There has been sufficient time since the introduction of the major public sector reforms in New Zealand for more considered reflection on what has come to be called the "great experiment". This book, which re-works material from an earlier volume and subsequent publishing efforts of all the authors, represents a considerable synthesis of the debate about the nature, purpose and consequences of these reforms. It discusses well the various policy and theoretical influences that were drawn upon in establishing this reform agenda. It sets out an argument that the language of policy discourse has changed the ways

in which public management issues are defined, analysed and debated. As a result, the policy agenda has been dominated by issues relating to the appropriate design of incentive structures and governance arrangements, the avoidance of provider capture, the pursuit of contestability and external contracting, the application of principal-agent models to a variety of interpersonal and interorganisational relationships, the minimisation of transaction costs and the tighter specification of outputs and outcomes. (p.39).

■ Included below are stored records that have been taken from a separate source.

-- ===== src/Libvirt/Runtime/Status.antt =====
-- The methods of cross-node-rental/src/workspace/libvirt_provider.rs that take no lock: the state of
-- a tenant, commands in it, its address, its suspension and its resumption.
pub mod Paused
mod Tests
use decentralized_cc_mesh_po.Base.{
  if◌then◌else◌, Result, ok, err, ℕ, Bool, false, ◌||◌, Option, none, some, List, [], ◌∷◌, ◌++◌,
}
use decentralized_cc_mesh_po.Libvirt.Text.{
  Text, codes, text_eq, contains, decimal, trim, to_lowercase,
}
use decentralized_cc_mesh_po.Libvirt.Poll.{confirm_domstate_debounced, paused_state, running_state}
use decentralized_cc_mesh_po.Libvirt.Host.{
  History, Output, Outside, ssh_timeout, run_cmd_with_timeout, virsh, read_domstate,
}
use decentralized_cc_mesh_po.Libvirt.Runtime.{TenantState, get, Runtime}

pub data ContainerStatus : Type 0 where
  created running stopped removed unknown : ContainerStatus

status_of : Text → ContainerStatus
status_of state =
    if text_eq state (codes "running")
      || text_eq state (codes "paused")
      || text_eq state (codes "idle")
    then running
    else if text_eq state (codes "shut off") || text_eq state (codes "shutdown")
    then stopped
    else unknown

-- What `virsh domstate` answered.
status_answer : Result Text Output → Result Text ContainerStatus
unfolding status_of
status_answer (err e) = err e
status_answer (ok out) =
    if out.success
    then ok (status_of (to_lowercase (trim out.stdout)))
    else if contains out.stderr (codes "not found")
        || contains out.stderr (codes "Domain not found")
    then ok removed
    else err (codes "virsh domstate failed: " ++ trim out.stderr)

module _ (o : Outside) where
  pub get_container_status : Text → History → History × Result Text ContainerStatus
  unfolding status_answer
  get_container_status container_id h =
      let (h', out) = virsh o (codes "domstate" ∷ container_id ∷ []) (codes "virsh domstate") h in
      (h', status_answer out)

  ssh_answer : Result Text Output → Result Text Text
  ssh_answer (err e) = err e
  ssh_answer (ok out) =
      if out.success then ok out.stdout else err (codes "ssh failed: " ++ trim out.stderr)

  exec_at : Text → List Text → Runtime → Runtime × Result Text Text
  unfolding ssh_answer
  exec_at tenant_ip command r =
      let (h, out) =
        run_cmd_with_timeout o (codes "ssh")
          ((codes "-i"
              ∷ r.config.tenant_key_path
              ∷ codes "-o"
              ∷ codes "StrictHostKeyChecking=no"
              ∷ codes "-o"
              ∷ codes "UserKnownHostsFile=/dev/null"
              ∷ codes "-o"
              ∷ codes "ConnectTimeout=10"
              ∷ codes "-o"
              ∷ codes "BatchMode=yes"
              ∷ (codes "tenant@" ++ tenant_ip)
              ∷ [])
            ++ command)
          ssh_timeout (codes "ssh exec") r.history in
      (record r { history = h }, ssh_answer out)

  exec_in_tenant : Text → List Text → Runtime → Option TenantState → Runtime × Result Text Text
  unfolding exec_at
  exec_in_tenant container_id command r none =
      (r, err (codes "tenant " ++ container_id ++ codes " not tracked"))
  exec_in_tenant container_id command r (some t) = elim t.tenant_ip [
    | none ↦ (r, err (codes "tenant has no IP yet (did you call start_container?)"))
    | some tenant_ip ↦ exec_at tenant_ip command r
  ]

  pub exec_in_container : Text → List Text → Runtime → Runtime × Result Text Text
  unfolding exec_in_tenant
  exec_in_container container_id command r =
      exec_in_tenant container_id command r (get container_id r.tenants)

  -- `pause_container` and `resume_container`, which differ in the verb and the state they aim at.
  is_in : Text → Result Text Text → Bool
  is_in state (err e) = false
  is_in state (ok s) = text_eq s state

  switched : Text → Text → Text → History → Result Text Output → History × Result Text (Unit {0})
  unfolding is_in
  switched what target container_id h (err e) = (h, err e)
  switched what target container_id h (ok out) =
      if out.success
      then confirm_domstate_debounced o
          (record {
            container_id = container_id;
            target = target;
            consecutive = 2;
            deadline_ms = 2000;
            interval_ms = 200;
          })
          h
      else (let (h', state) = read_domstate o container_id h in
          if is_in target state
          then (h', ok tt)
          else (h', err (what ++ codes " failed: " ++ trim out.stderr)))

  switch_to : Text → Text → Text → Text → History → History × Result Text (Unit {0})
  unfolding switched
  switch_to verb what target container_id h =
      let (h', state) = read_domstate o container_id h in
      if is_in target state
      then (h', ok tt)
      else (let (h'', out) = virsh o (verb ∷ container_id ∷ []) what h' in
          switched what target container_id h'' out)

  pub pause_container : Text → History → History × Result Text (Unit {0})
  unfolding switch_to
  pause_container = switch_to (codes "suspend") (codes "virsh suspend") paused_state

  pub resume_container : Text → History → History × Result Text (Unit {0})
  unfolding switch_to
  resume_container = switch_to (codes "resume") (codes "virsh resume") running_state

-- `get_access_url`, `serial_log_path` and `get_vnc_ws_port`.
pub get_access_url : Text → Runtime → Result Text (Option Text)
get_access_url container_id r = elim (get container_id r.tenants) [
  | none ↦ err (codes "tenant " ++ container_id ++ codes " not tracked")
  | some t ↦
      ok (some (codes "ssh://tenant@[" ++ r.config.host_ipv6 ++ codes "]:" ++ decimal t.host_port))
]

pub serial_log_path : Text → Runtime → Option Text
serial_log_path container_id r = elim (get container_id r.tenants) [
  | none ↦ none
  | some t ↦ some t.serial_log_path
]

pub get_vnc_ws_port : Text → Runtime → Option ℕ
get_vnc_ws_port container_id r = elim (get container_id r.tenants) [
  | none ↦ none
  | some t ↦ t.vnc_ws_port
]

The authors set out to discuss this complex territory and avoid the frustrations of the "neglected academics" who were the natural policy elite of the former dispensation.

Gary Hawke, in a recent important extended book review (1996) reflected on the divisions of intellectual opinion about this same period in our history. He points to how a new set of policy analysts, with few formal ties to the old academic "hegemonies" were able to set in motion a stream of initiatives unfettered by the old clusters of policy advice. For some commentators these reforms have been seen as "blitzkriegs", as the triumph of a new breed of analysts and public administrators who reinvented themselves in the new managerial discourse as contracted mandarins of the new order.

But Hawke wisely points out that a kind of intellectual "paranoia" about the changes misses the point. He argues that these reforms were instituted after a considerable amount of policy advice was distilled within the old structure of public service policy-making. Assumptions about unilateral political decision-making dissociated from the formal structures of policy advice make little sense. He argues that, similarly, such views are "not made convincing by adding to 'politicians' some sinister figures presented as the stormtroopers of business".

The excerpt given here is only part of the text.